I’ve written about sex work, incest, necrophilia, nonmonogamy, procreation, and other topics dealing with sex. This might give the impression I’m deeply concerned about sex and my need to have as much of it as possible, as one (now deleted) commenter on reddit asserted. However, this would be both a factual (biographical) mistake and irrelevant to the arguments.


My concern with sex stems from it being a central nexus for many moral assumptions and mistakes, rather than an act between/of consenting adults.  Within sex is embedded ideas of sanctity, the limits of bodily autonomy, monogamy, marriage, children and so on. Basically, you can judge someone’s opinion on many matters by how they view sex. For example, someone who thinks sex is a sacred rite of passage more than likely considers nonmonogamy immoral.

Therefore, by probing the limits of sex and what it means, we can gain great insight into ourselves, our morals and our society.
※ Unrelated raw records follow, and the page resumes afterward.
-- ===== src/Wire/Command.antt =====
-- The command frames: wire_cmd, wire_cmd_valid, and their 16 bytes on the socket.
use libdrmtap.Prelude.{
  ℕ, ◌+◌, ◌*◌, ◌/◌, ◌%◌, ◌^◌, ◌≤◌, ◌<◌, ◌≡◌, ◌⊎◌, ◌↔◌, refl, ap, ◌∙◌, arith, Bool, ◌&&◌, ◌||◌, true,
  Option, none, some, List, [], ◌∷◌, ◌++◌, ◌==◌, if◌then◌else◌,
}
use libdrmtap.Wire.Stream.{
  Step, Received, Verdict, complete, broken, waiting, send_all, recv_all, IsWilling, moves,
  send_all-frame, recv_all-frame,
}

-- helper_cmd_grab_t
pub record Command : Type 0 where
  pub magic : ℕ
  pub version : ℕ
  pub type : ℕ
  pub length : ℕ
  pub crtc_id : ℕ

abbrev pub proto_magic : ℕ
proto_magic = 0x544d5244

abbrev pub proto_version : ℕ
proto_version = 1

abbrev pub cmd_grab : ℕ
cmd_grab = 1

abbrev pub cmd_get_cursor : ℕ
cmd_get_cursor = 2

abbrev pub cmd_get_cursor2 : ℕ
cmd_get_cursor2 = 3

abbrev pub cmd_quit : ℕ
cmd_quit = 0xff

unfoldable pub wire_cmd : ℕ → ℕ → Command
wire_cmd type crtc_id = record {
  magic = proto_magic;
  version = proto_version;
  type = type;
  length = 16;
  crtc_id = crtc_id;
}

unfoldable pub wire_cmd_valid : Command → Bool
wire_cmd_valid c =
    (c.magic == proto_magic)
    && ((c.version == proto_version)
        && ((c.length == 16)
            && ((c.type == cmd_grab)
                || ((c.type == cmd_get_cursor)
                    || ((c.type == cmd_get_cursor2) || (c.type == cmd_quit))))))

-- The struct in memory, which is what is sent: little-endian fields without padding.
abbrev pub le16 : ℕ → List ℕ
le16 v = v % 256 ∷ v / 256 % 256 ∷ []

abbrev pub le32 : ℕ → List ℕ
le32 v = v % 256 ∷ v / 256 % 256 ∷ v / 65536 % 256 ∷ v / 16777216 % 256 ∷ []

unfoldable pub frame_bytes : Command → List ℕ
frame_bytes c =
    le32 c.magic ++ (le16 c.version ++ (le16 c.type ++ (le32 c.length ++ le32 c.crtc_id)))

abbrev pub of_le16 : ℕ → ℕ → ℕ
of_le16 a b = a + 256 * b

abbrev pub of_le32 : ℕ → ℕ → ℕ → ℕ → ℕ
of_le32 a b c d = a + 256 * b + 65536 * c + 16777216 * d

-- The 16 bytes received, as the struct; any other number of bytes is no frame.
unfoldable pub frame_of : List ℕ → Option Command
frame_of (a ∷ b ∷ c ∷ d ∷ e ∷ f ∷ g ∷ h ∷ i ∷ j ∷ k ∷ l ∷ m ∷ n ∷ o ∷ p ∷ []) = some (record {
  magic = of_le32 a b c d;
  version = of_le16 e f;
  type = of_le16 g h;
  length = of_le32 i j k l;
  crtc_id = of_le32 m n o p;
})
frame_of _ = none

-- The helper's side of one command: receive a frame, and act only on a whole and valid one.
abbrev pub checked : Option Command → Option Command
checked none = none
checked (some c) = if wire_cmd_valid c then some c else none

abbrev pub gate : Verdict → List ℕ → Option Command
gate complete got = checked (frame_of got)
gate broken got = none
gate waiting got = none

unfoldable pub recv_cmd : List Step → List ℕ → Option Command × List ℕ
recv_cmd steps queue = let r = recv_all steps 16 queue in (gate r.verdict r.got, r.left)

-- The command types that exist.
abbrev pub IsType : ℕ → Type 0
IsType t = (t ≡ cmd_grab) ⊎ ((t ≡ cmd_get_cursor) ⊎ ((t ≡ cmd_get_cursor2) ⊎ (t ≡ cmd_quit)))

-- The gate passes exactly the frames of this build: a command of a known type as wire_cmd makes it.
pub wire_cmd_valid_iff :
    (c : Command) → (wire_cmd_valid c ≡ true) ↔ (IsType c.type × (c ≡ wire_cmd c.type c.crtc_id))
unfolding wire_cmd_valid wire_cmd
wire_cmd_valid_iff c = (
  (λ v. (ground arith, built c (ground arith) (ground arith) (ground arith))),
  λ (t, e).
      let m : c.magic ≡ proto_magic = ap (λ (x : Command). x.magic) e in
      let v : c.version ≡ proto_version = ap (λ (x : Command). x.version) e in
      let l : c.length ≡ 16 = ap (λ (x : Command). x.length) e in ground (arith, m, v, l, t),
)
  where
    built :
        (d : Command)
        → d.magic ≡ proto_magic
        → d.version ≡ proto_version
        → d.length ≡ 16
        → d ≡ wire_cmd d.type d.crtc_id
    built d m v l = cc (m, v, l)

frame_of-frame_bytes :
    (t crtc : ℕ)
    → t < 2 ^ 16
    → crtc < 2 ^ 32
    → frame_of (frame_bytes (wire_cmd t crtc)) ≡ some (wire_cmd t crtc)
unfolding frame_of frame_bytes wire_cmd
frame_of-frame_bytes t crtc p q =
    let a : of_le16 (t % 256) (t / 256 % 256) ≡ t = omega arith in
    let b : of_le32 (crtc % 256) (crtc / 256 % 256) (crtc / 65536 % 256) (crtc / 16777216 % 256)
        ≡ crtc =
      omega arith in
    cc (a, b)

wire_cmd-valid : (t crtc : ℕ) → IsType t → wire_cmd_valid (wire_cmd t crtc) ≡ true
unfolding wire_cmd
wire_cmd-valid t crtc known = (wire_cmd_valid_iff (wire_cmd t crtc)).1 (known, refl)

gate-frame :
    (t crtc : ℕ)
    → IsType t
    → crtc < 2 ^ 32
    → gate complete (frame_bytes (wire_cmd t crtc)) ≡ some (wire_cmd t crtc)
gate-frame t crtc known small =
    let narrow : t < 2 ^ 16 = ground (arith, known) in
    ap checked (frame_of-frame_bytes t crtc narrow small) ∙ rw (wire_cmd-valid t crtc known) refl

-- The helper's side: a frame at the head of the queue is received and passed.
pub recv_cmd-frame :
    (recvs : List Step) (t crtc : ℕ) (later : List ℕ)
    → IsType t
    → crtc < 2 ^ 32
    → IsWilling recvs
    → 16 ≤ moves recvs
    → recv_cmd recvs (frame_bytes (wire_cmd t crtc) ++ later) ≡ (some (wire_cmd t crtc), later)
unfolding recv_cmd frame_bytes wire_cmd
recv_cmd-frame recvs t crtc later known small willing enough =
    let frame = frame_bytes (wire_cmd t crtc) in
    ap (λ (r : Received). (gate r.verdict r.got, r.left))
      (recv_all-frame recvs frame later willing enough)
    ∙ ap (λ x. (x, later)) (gate-frame t crtc known small)

-- A command crosses the socket: with enough progress on both sides, however the calls split and
-- interrupt it, it is sent whole, and the helper receives exactly the command that the library
-- built, passes it, and leaves what follows on the socket.
pub command-delivered :
    (sends recvs : List Step) (t crtc : ℕ) (later : List ℕ)
    → IsType t
    → crtc < 2 ^ 32
    → IsWilling sends
    → IsWilling recvs
    → 16 ≤ moves sends
    → 16 ≤ moves recvs
    → let (out, v) = send_all sends (frame_bytes (wire_cmd t crtc)) in
      (v ≡ complete) × (recv_cmd recvs (out ++ later) ≡ (some (wire_cmd t crtc), later))
unfolding frame_bytes
command-delivered sends recvs t crtc later known small vs vr enough_s enough_r =
    let sent = send_all-frame sends (frame_bytes (wire_cmd t crtc)) vs enough_s in
    (
      ap (λ x. x.1) sent,
      ap (λ (x : List ℕ × Verdict). recv_cmd recvs (x.0 ++ later)) sent
          ∙ recv_cmd-frame recvs t crtc later known small vr enough_r,
    )
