-- ===== src/Wire/Serve.antt =====
-- The event loop of helper/drmtap-helper.c: commands are received, checked and dispatched.
use libdrmtap.Prelude.{
  ℕ, ◌^◌, ◌≤◌, ◌<◌, Bool, true, false, Option, none, some, List, [], ◌∷◌, ◌++◌, ◌≢◌, ◌==◌,
}
use libdrmtap.Wire.Stream.{Step, IsWilling, moves}
use libdrmtap.Wire.Command.{Command, wire_cmd, frame_bytes, recv_cmd, IsType, cmd_quit}

-- The commands answered so far are put before those of the rest of the loop.
abbrev pub answered : Command → List Command × List ℕ → List Command × List ℕ
answered c (cs, left) = (c ∷ cs, left)

-- The commands that are answered, in order, and what is left on the socket when the loop ends: one
-- schedule of the socket per command. A frame that is broken or not valid ends the loop without an
-- answer, and so does CMD_QUIT.
abbrev pub quits : Command → Bool
quits c = c.type == cmd_quit

abbrev pub dispatch : Bool → Command → List Command × List ℕ → List ℕ → List Command × List ℕ
dispatch true c rest left = ([], left)
dispatch false c rest left = answered c rest

abbrev pub on_received :
    Option Command × List ℕ → (List ℕ → List Command × List ℕ) → List Command × List ℕ
on_received (none, left) rest = ([], left)
on_received (some c, left) rest = dispatch (quits c) c (rest left) left

unfoldable pub serve : List (List Step) → List ℕ → List Command × List ℕ
serve [] queue = ([], queue)
serve (steps ∷ more) queue = on_received (recv_cmd steps queue) (λ left. serve more left)

-- A client's commands on the wire, in order: each is a type and a CRTC.
abbrev pub frames : List (ℕ × ℕ) → List ℕ
frames [] = []
frames ((t, crtc) ∷ cs) = frame_bytes (wire_cmd t crtc) ++ frames cs

-- Requests that the helper answers: any type but CMD_QUIT.
abbrev pub AreRequests : List (ℕ × ℕ) → Type 0
AreRequests [] = Unit
AreRequests ((t, crtc) ∷ cs) = (IsType t × (t ≢ cmd_quit) × (crtc < 2 ^ 32)) × AreRequests cs

-- Schedules on which each command can be received.
abbrev pub AreWilling : List (List Step) → Type 0
AreWilling [] = Unit
AreWilling (steps ∷ more) = (IsWilling steps × (16 ≤ moves steps)) × AreWilling more

abbrev pub built : ℕ × ℕ → Command
built (t, crtc) = wire_cmd t crtc
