-- ===== src/Tests/Wire.antt =====
-- The wire of src/wire.h on short schedules.
use libdrmtap.Prelude.{◌≡◌, refl, arith, some, false, List, [], ◌∷◌, ◌++◌, inl, replicate}
use libdrmtap.Wire.Stream.{Step, moved, interrupted, complete, send_all}
use libdrmtap.Wire.Descriptor.{rights, other, Message, recv_fd, Accounts, recv_fd-Accounts}
use libdrmtap.Wire.Command.{Command, wire_cmd, cmd_grab, frame_bytes, recv_cmd, command-delivered}

abbrev bytewise : List Step
bytewise = interrupted ∷ replicate 16 (moved 0)

abbrev at_once : List Step
at_once = moved 15 ∷ replicate 16 (moved 3)

-- A peer that closes after five bytes.
-- Two descriptors in one control message.
abbrev smuggled : Message
smuggled = record {
  bytes = 1 ∷ 2 ∷ [];
  controls = other ∷ rights (8 ∷ 9 ∷ []) ∷ [];
  truncated = false;
}

recv_fd-Accounts_example : Accounts (8 ∷ 9 ∷ []) (recv_fd (some smuggled) 4 at_once (3 ∷ 4 ∷ []))
recv_fd-Accounts_example = recv_fd-Accounts (some smuggled) 4 at_once (3 ∷ 4 ∷ [])

abbrev stale : Command
stale = record { magic = 0x544d5244; version = 2; type = 1; length = 16; crtc_id = 0 }

command-delivered_example :
    let (out, v) = send_all bytewise (frame_bytes (wire_cmd cmd_grab 42)) in
    (v ≡ complete) × (recv_cmd at_once (out ++ (5 ∷ [])) ≡ (some (wire_cmd cmd_grab 42), 5 ∷ []))
command-delivered_example =
    command-delivered bytewise at_once cmd_grab 42 (5 ∷ []) (inl refl) (omega arith) tt tt
      (omega arith) (omega arith)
This means avenues for change, development and hopefully improvement for the lives of others.

Consider the view that sex is “for” procreation, only “meant” for a man and woman because this is the “only” way to create children anchors people’s homophobia. Consider the view that sex is only “for” marriage helps hinder more enlightened attitudes to sex work and pornography, which allows us to treat people as adults rather than mischievous children.

This is not to say that people’s considerations of how sex is “meant to be” is all that guides their immoral views about homosexuality, nonmonogamy, sex work, and so on. But, a large aspect of knee-jerk opposition could be dispelled by pulling out the hooks of conservative sexual viewpoints.

Other writers have made a similar point. For example, Lucy Wainwright correctly points out that being a nonbeliever arguing about social issues is a life “arguing about things that don’t matter.”

Wainwright doesn’t mean these issues are irrelevant or that she doesn’t care. Quite the contrary: her issue is that so many people do.

She doesn’t believe in god, yet finds herself talking about god since most people apparently do.

Consider: Why should anyone be concerned about whether two men want to get married? Yet we keep talking, because by talking we’re not letting the wrong views, the immoral views, grab hold of the conversation to dominate policies. We try “dominate” not through assertion or bullying, but by speaking slightly louder, using actual evidence long ignored rather than outrage, since this is the viewpoint that for is being drowned out by unreason.

Why should anyone be concerned about someone’s sex when it comes to them as a person: yet, woman and girls are targeted by psychotic madmen all the time because they are female (or rather, not male). According to these men’s holy texts, women shouldn’t be treated equally and, when such women complain, they must be silenced. So instead those against such views keep speaking with them, for them, we keep pointing, we keep talking.

Talking about things that don’t – or, rather, shouldn’t – matter.

As Wainwright points out:

“The same is true of arguments against racism, against xenophobia, against the various forms of prejudice based on the circumstances of birth, against a thousand other forms of bigotry and injustice.  It’s a little strange to reflect that those of us who don’t care about race, sex, social class, gender, sexuality etc. are so often the people most engaged in arguing about such matters.”

As a member of a society, I’m concerned about how my society will judge my adult decisions about who I sleep with, what substances I take, for how long, if I wish to cut off a body part, read offensive texts, write offensive things, refuse breeding, marry a person of whatever sex, solicit sex workers, or donate blood if I had sex with a man. That I have to care about these things is annoying: I shouldn’t have to.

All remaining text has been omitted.